Stereo Vision at Home PC

Stereo Photo at Home PC

Abstract. This article continues the topic of stereo vision, explaining how you can shoot 3D stereo photos with a conventional camera for viewing at home PC through anaglyphic Red/Blue (or Red/Cyan glasses). The downloadable software makes it possible to create anaglyphic images compensating certain shooting errors. In addition, the software introduces a new class derived of TBitmap, providing the fastest access to the separate pixels and their color components. It provides also a couple of methods such as bitmap rotation, capitalizing on this efficient access mechanism.

Disclaimer: To watch the effects described in the article and displayed by the software, you need a pair of Red/Blue glasses, obtainable for example at [1] for 50 cents. Also, you must have relatively healthy eyes capable of stereopsis (ability to naturally fuse two plane images comprising a stereo pair into a 3D scene). Almost everybody do. If you have ever been at modern movie theaters watching stereo movies through polarized or electronic shutter glasses, or when you try a stereoscope, or look at Japanese stereo post cards covered with micro raster, or when you explore a hologram – and are always stunned with the scene popping out into space, your stereopsis is OK.

1. Why anaglyphic photo.

Stereo vision is a wonderful gift. Everybody, who experienced it either in modern 3D stereo movie theaters, or in museums or shops viewing stereo pairs through special equipment, or looking at holograms, are astonished and excited – so realistic and powerful the effect is.

However, you should not necessarily invest in fancy equipment in order to create stereo photos: we will learn how to do that using a conventional camera of either type (film or digital) and a home PC with only one simplest and cheapest additional gear – a pair of Red/Blue or Red/Cyan cardboard glasses [1].

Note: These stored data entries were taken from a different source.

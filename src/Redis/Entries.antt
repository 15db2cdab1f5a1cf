-- ===== src/Redis/Entries.antt =====
-- The methods of Cache in internal/repository/redis/cache.go, against what the entries of
-- the cache may be.
use shop_catalog_service.Common.{
  eq_refl, inr, inl, str_eq-cases, ◌⊎◌, sym, ◌∙◌, ap, ◌≡◌, ◌≢◌, refl, String, Option, none, some,
  List, [], ◌∷◌,
}
use shop_catalog_service.Redis.{
  get_product_list, set_product_list, set_product, get_product, product_list_key,
  ProductListCacheValue, product_key, ProductCacheValue, to_cache_value, from_cache_value, to_items,
  Cache, Json, from_items,
}
use shop_catalog_service.Redis.Server.{IsRedis, IsJson, Shrinks}
use shop_catalog_service.Exec.{ok_inj, ok}
use shop_catalog_service.Domain.{Product}
use shop_catalog_service.Common.Int.{ℤ}
use shop_catalog_service.Repository.{Context}
use shop_catalog_service.Exec.Ensures.{
  any, of_value, Ensures-lift, Ensures-fail, Ensures-pure, Ensures-if, Ensures-handle, Ensures,
}
use shop_catalog_service.Redis.Keys.{
  product_list_key_unique, product_key_unique, keys_differ, product_list_key-IsListKey, IsListKey,
}
use mathlib.Core.Path.{subst}

from-to_cache_value : (p : Product) → from_cache_value (to_cache_value p) ≡ p
unfolding from_cache_value to_cache_value
from-to_cache_value p = refl

from-to_items : (ps : List Product) → from_items (to_items ps) ≡ ps
unfolding from_items to_items
from-to_items [] = refl
from-to_items (p ∷ ps) = rw (from-to_cache_value p, from-to_items ps)

module _ {R : Type 0} (entries : R → String → Option String) (json : Json) where
  -- Every entry that can be read is one that the cache may have: a product under its id's key, and a
  -- page under the key of its limit and offset.
  pub record Holds (Known : String → Product → Type 0) (Paged : ℤ → ℤ → List Product → Type 0)
      (r : R) : Type 0 where
    pub product :
        (id raw : String) (v : ProductCacheValue)
        → entries r (product_key id) ≡ some raw
        → json.unmarshal_product raw ≡ ok v
        → Known id (from_cache_value v)
    pub list :
        (limit offset : ℤ) (raw : String) (v : ProductListCacheValue)
        → entries r (product_list_key limit offset) ≡ some raw
        → json.unmarshal_list raw ≡ ok v
        → Paged limit offset (from_items v.items)

  -- What the cache may have, it may have more of.
  pub Holds-map :
      (Known Known' : String → Product → Type 0) (Paged Paged' : ℤ → ℤ → List Product → Type 0)
      (r : R)
      → ((id : String) (p : Product) → Known id p → Known' id p)
      → ((limit offset : ℤ) (ps : List Product) → Paged limit offset ps → Paged' limit offset ps)
      → Holds Known Paged r
      → Holds Known' Paged' r
  Holds-map Known Known' Paged Paged' r f g h = record {
    product = λ id raw v e read. f id _ (h.product id raw v e read);
    list = λ l o raw v e read. g l o _ (h.list l o raw v e read);
  }

  pub Shrinks-Holds :
      (Known : String → Product → Type 0) (Paged : ℤ → ℤ → List Product → Type 0) (r r' : R)
      → Shrinks entries r r'
      → Holds Known Paged r
      → Holds Known Paged r'
  Shrinks-Holds Known Paged r r' s h = record {
    product = λ id raw v e. h.product id raw v (s _ raw e);
    list = λ l o raw v e. h.list l o raw v (s _ raw e);
  }

  -- A write of one product: the cache then holds for the new catalog if the pages are gone, and the
  -- product's own entry is gone or was never there.
  pub write-Holds :
      (Known Known' : String → Product → Type 0) (Paged Paged' : ℤ → ℤ → List Product → Type 0)
      (id : String) (r r' : R)
      → Holds Known Paged r
      → Shrinks entries r r'
      → ((k : String) → k ≢ id → (p : Product) → Known k p → Known' k p)
      → (entries r' (product_key id) ≡ none) ⊎ ((p : Product) → ¬ Known id p)
      → ((key : String) → IsListKey key → entries r' key ≡ none)
      → Holds Known' Paged' r'
  write-Holds Known Known' Paged Paged' id r r' h s same own lists = record {
    product = λ k raw v e read. elim (str_eq-cases k id) [
      | inl (_, k_id) ↦ elim own [
        | inl gone ↦ cc (gone, e, ap product_key k_id)
        | inr new ↦ absurd (
            new (from_cache_value v)
              (subst (λ k. Known k (from_cache_value v)) k_id (h.product k raw v (s _ raw e) read)))
      ]
      | inr (ne, _) ↦ same k (λ p. cc (ne, eq_refl id, p)) _ (h.product k raw v (s _ raw e) read)
    ];
    list =
        λ l o raw v e read. cc (lists (product_list_key l o) (product_list_key-IsListKey l o), e);
  }

  module _ (cache : Cache R) (laws : IsRedis entries cache.client) (codec : IsJson json)
      (Known : String → Product → Type 0) (Paged : ℤ → ℤ → List Product → Type 0)
      (ctx : Context) where
    -- An answer of the cache for a product, and for a page.
    abbrev pub IsProductAnswer : String → Option Product → Type 0
    IsProductAnswer id none = Unit
    IsProductAnswer id (some p) = Known id p

    abbrev pub IsListAnswer : ℤ → ℤ → Option (List Product) → Type 0
    IsListAnswer limit offset none = Unit
    IsListAnswer limit offset (some ps) = Paged limit offset ps

    client_get :
        (key : String)
        → Ensures
            (Holds Known Paged)
            (λ raw. (r : R) × Holds Known Paged r × (entries r key ≡ some raw))
            (cache.client.get ctx key)
    client_get key = record {
      at = λ r h. (
        Shrinks-Holds Known Paged r (cache.client.get ctx key r).1 (laws.get_shrinks ctx key r) h,
        of_value _ (cache.client.get ctx key r).0 (λ raw e. (r, h, laws.get_value ctx key raw r e)),
      );
    }

    pub get_product-Holds :
        (id : String)
        → Ensures (Holds Known Paged) (IsProductAnswer id) (get_product json cache ctx id)
    unfolding get_product
    get_product-Holds id =
        Ensures-handle (Holds Known Paged) _ (IsProductAnswer id) _ _ _
          (client_get (product_key id))
          (λ e.
            Ensures-if (Holds Known Paged) (IsProductAnswer id) _ _ _
              (Ensures-pure (Holds Known Paged) (IsProductAnswer id) none tt)
              (Ensures-fail (Holds Known Paged) (IsProductAnswer id) e))
          (λ raw (r, h, e).
            Ensures-handle (Holds Known Paged) (λ v. Known id (from_cache_value v))
              (IsProductAnswer id) _ _ _
              (Ensures-lift (Holds Known Paged) _ (json.unmarshal_product raw)
                (of_value _ (json.unmarshal_product raw) (λ v. h.product id raw v e)))
              (λ e. Ensures-fail (Holds Known Paged) (IsProductAnswer id) e)
              (λ v found. Ensures-pure (Holds Known Paged) (IsProductAnswer id) _ found))

    pub get_product_list-Holds :
        (limit offset : ℤ)
        → Ensures
            (Holds Known Paged)
            (IsListAnswer limit offset)
            (get_product_list json cache ctx limit offset)
    unfolding get_product_list
    get_product_list-Holds limit offset =
        Ensures-handle (Holds Known Paged) _ (IsListAnswer limit offset) _ _ _
          (client_get (product_list_key limit offset))
          (λ e.
            Ensures-if (Holds Known Paged) (IsListAnswer limit offset) _ _ _
              (Ensures-pure (Holds Known Paged) (IsListAnswer limit offset) none tt)
              (Ensures-fail (Holds Known Paged) (IsListAnswer limit offset) e))
          (λ raw (r, h, e).
            Ensures-handle (Holds Known Paged) (λ v. Paged limit offset (from_items v.items))
              (IsListAnswer limit offset) _ _ _
              (Ensures-lift (Holds Known Paged) _ (json.unmarshal_list raw)
                (of_value _ (json.unmarshal_list raw) (λ v. h.list limit offset raw v e)))
              (λ e. Ensures-fail (Holds Known Paged) (IsListAnswer limit offset) e)
              (λ v found. Ensures-pure (Holds Known Paged) (IsListAnswer limit offset) _ found))

    -- A product that the catalog has may be stored, and so may a page.
    pub set_product-Holds :
        (p : Product)
        → Known p.id p
        → Ensures (Holds Known Paged) (λ _. Unit {0}) (set_product json cache ctx p)
    unfolding set_product
    set_product-Holds p known =
        Ensures-handle (Holds Known Paged)
          (λ raw. json.unmarshal_product raw ≡ ok (to_cache_value p)) (λ _. Unit {0}) _ _ _
          (Ensures-lift (Holds Known Paged) _ (json.marshal_product (to_cache_value p)) (
            of_value _ (json.marshal_product (to_cache_value p))
              (codec.product (to_cache_value p))))
          (λ e. Ensures-fail (Holds Known Paged) (λ _. Unit {0}) e)
          (λ payload reads. record {
            at = λ r h. (
              record {
                product = λ id raw v e read.
                    elim (laws.set_entry ctx (product_key p.id) payload cache.ttl r _ raw e) [
                      | inl (key, written) ↦ rw (product_key_unique id p.id key) (
                          subst (Known p.id)
                            (sym (from-to_cache_value p)
                              ∙ ap from_cache_value (
                                  ok_inj
                                    (sym reads ∙ ap json.unmarshal_product (sym written) ∙ read)))
                            known)
                      | inr old ↦ h.product id raw v old read
                    ];
                list = λ l o raw v e read.
                    elim (laws.set_entry ctx (product_key p.id) payload cache.ttl r _ raw e) [
                      | inl (key, written) ↦ absurd (keys_differ p.id l o (sym key))
                      | inr old ↦ h.list l o raw v old read
                    ];
              },
              any (cache.client.set ctx (product_key p.id) payload cache.ttl r).0,
            );
          })

    pub set_product_list-Holds :
        (limit offset : ℤ) (ps : List Product)
        → Paged limit offset ps
        → Ensures
            (Holds Known Paged)
            (λ _. Unit {0})
            (set_product_list json cache ctx limit offset ps)
    unfolding set_product_list
    set_product_list-Holds limit offset ps known =
        Ensures-handle (Holds Known Paged)
          (λ raw. json.unmarshal_list raw ≡ ok (record { items = to_items ps })) (λ _. Unit {0}) _ _
          _
          (Ensures-lift (Holds Known Paged) _ (json.marshal_list (record { items = to_items ps })) (
            of_value _ (json.marshal_list (record { items = to_items ps }))
              (codec.list (record { items = to_items ps }))))
          (λ e. Ensures-fail (Holds Known Paged) (λ _. Unit {0}) e)
          (λ payload reads. record {
            at = λ r h. (
              record {
                product = λ id raw v e read.
                    elim (laws.set_entry ctx (product_list_key limit offset) payload cache.ttl r _
                      raw e) [
                        | inl (key, written) ↦ absurd (keys_differ id limit offset key)
                        | inr old ↦ h.product id raw v old read
                      ];
                list = λ l o raw v e read.
                    elim (laws.set_entry ctx (product_list_key limit offset) payload cache.ttl r _
                      raw e) [
                        | inl (key, written) ↦
                            let (same_limit, same_offset) =
                              product_list_key_unique l o limit offset key in
                            rw (same_limit, same_offset)
                              (subst (Paged limit offset)
                                (sym (from-to_items ps)
                                  ∙ ap (λ (v : ProductListCacheValue). from_items v.items)
                                      (ok_inj
                                        (sym reads ∙ ap json.unmarshal_list (sym written) ∙ read)))
                                known)
                        | inr old ↦ h.list l o raw v old read
                      ];
              },
              any (cache.client.set ctx (product_list_key limit offset) payload cache.ttl r).0,
            );
          })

In the previous article we considered only some computer-generated images, which were non-planar mathematical curves, displayed in full Red and Blue colors. However the same approach allows displaying half-tone monochromatic and even color photos as anaglyphic stereo pairs (although the perception of colors through anaglyphic glasses would be compromised).

Using a conventional camera instead of a special double-lens model gives even certain advantages over the double lens models – with only one drawback. The drawback is in that you have to shoot two shots of the same scene sequentially, therefore the scene must be motionless. However, unlike the double-lens cameras, the distance between the shooting points called base (the distance between the two lenses) is not fixed any more. Varying the base, you enjoy full freedom of shooting scenes very different in scale. It may be your favorite diamond ring (the shooting base 1-2 cm), or your macro surrounding such as an office, backyard (the base 6-7 cm, i.e. the distance between human eyes), or a mountain landscape (the base is several meters), or even the rings of Saturn (then the base would be the diameter of Earth orbit and the shots made in 6 month interval!).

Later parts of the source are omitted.